Another one is ‘natural,’ which means that the product does not contain artificial additives or preservatives; however, this term is unregulated. It is important to note that the FDA does not directly define or control the use of the term, so its definition may be quite flexible. Some all-natural foods are processed without the addition of any chemicals and additives, while others contain natural flavours, sweeteners, colours, and natural preservatives for enhanced shelf-life. Bottom line? “All-natural” gives little insight. A list of ingredients is provided; please check it for more information.
For meat, eggs, dairy, and packaged foods with ‘organic’ on the label, this means the food was grown, processed, handled, and certified according to the USDA organic standards. Organic livestock do not receive antibiotics or any growth-enhancing hormone, and they are fed on organic feed, not containing any form of animal byproducts. Organic crops are produced using methods that exclude most conventional plant protection measures, synthetic fertilisers, biotechnology, and ionising radiation. The soil and water quality also cannot be less than the standard required for agriculture.

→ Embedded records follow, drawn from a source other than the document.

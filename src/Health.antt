-- ===== src/Health.antt =====
-- health_check_server.go: whether the server says that it is online.
pub mod Answers
mod Examples
use verm.Prelude.{Bool, true, false, [], ◌∷◌, ◌++◌, Bytes, codes, bytes_eq, ◌==◌, if◌then◌else◌}
use verm.Http.{Response, write_header, write, http_error, empty_response}

-- What `os.Stat` finds: the file, that there is none, or another error.
pub data Stat : Type 0 where
  found not_exist failure : Stat

-- `os.IsNotExist` of the error
unfoldable pub is_not_exist : Stat → Bool
is_not_exist found = false
is_not_exist not_exist = true
is_not_exist failure = false

pub record HealthCheckServer : Type 0 where
  pub healthy_if_file : Bytes
  pub healthy_unless_file : Bytes

-- `AddRoot`
unfoldable pub add_root : Bytes → Bytes
add_root [] = []
add_root (c ∷ path) = if c == b'/' then c ∷ path else b'/' ∷ c ∷ path

-- the function `HealthCheckServer`
unfoldable pub health_check_server : Bytes → Bytes → HealthCheckServer
health_check_server healthy_if_file healthy_unless_file = record {
  healthy_if_file = add_root healthy_if_file;
  healthy_unless_file = add_root healthy_unless_file;
}

abbrev pub offline : Response
unfolding http_error
offline = http_error (codes "Offline") 503 empty_response

abbrev pub online : Response
unfolding write write_header
online = write (codes "Online" ++ 10 ∷ []) (write_header 200 empty_response)

-- The test of the second file.
unfoldable pub check_unless : (Bytes → Stat) → Bytes → Response
check_unless stat path =
    if bytes_eq path [] then online else if is_not_exist (stat path) then online else offline

-- `ServeHTTP`
unfoldable pub serve_health : (Bytes → Stat) → HealthCheckServer → Response
serve_health stat server =
    let rest = check_unless stat server.healthy_unless_file in
    if bytes_eq server.healthy_if_file []
    then rest
    else if is_not_exist (stat server.healthy_if_file)
    then offline
    else rest
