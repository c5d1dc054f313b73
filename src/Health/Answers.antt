-- ===== src/Health/Answers.antt =====
-- When the health check says that the server is online.
use verm.Prelude.{true, false, [], ◌∷◌, Bytes, bytes_eq_iff, ◌≡◌, ◌⊎◌, ◌↔◌, refl, arith}
use verm.Http.{write_header, write, http_error, set_header}
use verm.Health.{
  Stat, is_not_exist, HealthCheckServer, add_root, online, offline, check_unless, serve_health,
}

-- A path with a root is left as it is.
pub add_root-add_root : (path : Bytes) → add_root (add_root path) ≡ add_root path
unfolding add_root
add_root-add_root [] = refl
add_root-add_root (c ∷ path) = ground arith

online_status : online.status ≡ 200
unfolding online write write_header
online_status = refl

offline_status : offline.status ≡ 503
unfolding offline http_error set_header write write_header
offline_status = refl

-- The status is 200 exactly if the first file, where one is given, may exist, and the second one, where
-- one is given, does not.
pub serve_health_iff :
    (stat : Bytes → Stat) (server : HealthCheckServer)
    → ((serve_health stat server).status ≡ 200) ↔ (
        ((server.healthy_if_file ≡ []) ⊎ (is_not_exist (stat server.healthy_if_file) ≡ false))
        × ((server.healthy_unless_file ≡ [])
            ⊎ (is_not_exist (stat server.healthy_unless_file) ≡ true)))
unfolding serve_health check_unless
serve_health_iff stat server = ground (
  arith,
  online_status,
  offline_status,
  bytes_eq_iff server.healthy_if_file [],
  bytes_eq_iff server.healthy_unless_file [],
)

Even though “organic” is closely monitored, it does not necessarily mean that it is healthy, as these foods contain fat, salt, and sugar.
Free from GMO and non-GMO labels denote that a food product has been produced without using genetically modified organisms. GMOs are plants or bacteria whose genes have been modified in a laboratory through rDNA technology to possess a particular characteristic despite the fact that most GMOs have been developed for herbicide tolerance and insect resistance with the aim of increasing crop productivity. If you prefer to avoid GMOs for personal reasons of principle or because of an allergy, there is another label to look for: the butterfly of the Non-GMO Project. This is an independent non-profit organisation that provides assurance that a product has been tested and audited to contain less than 1% GMOs.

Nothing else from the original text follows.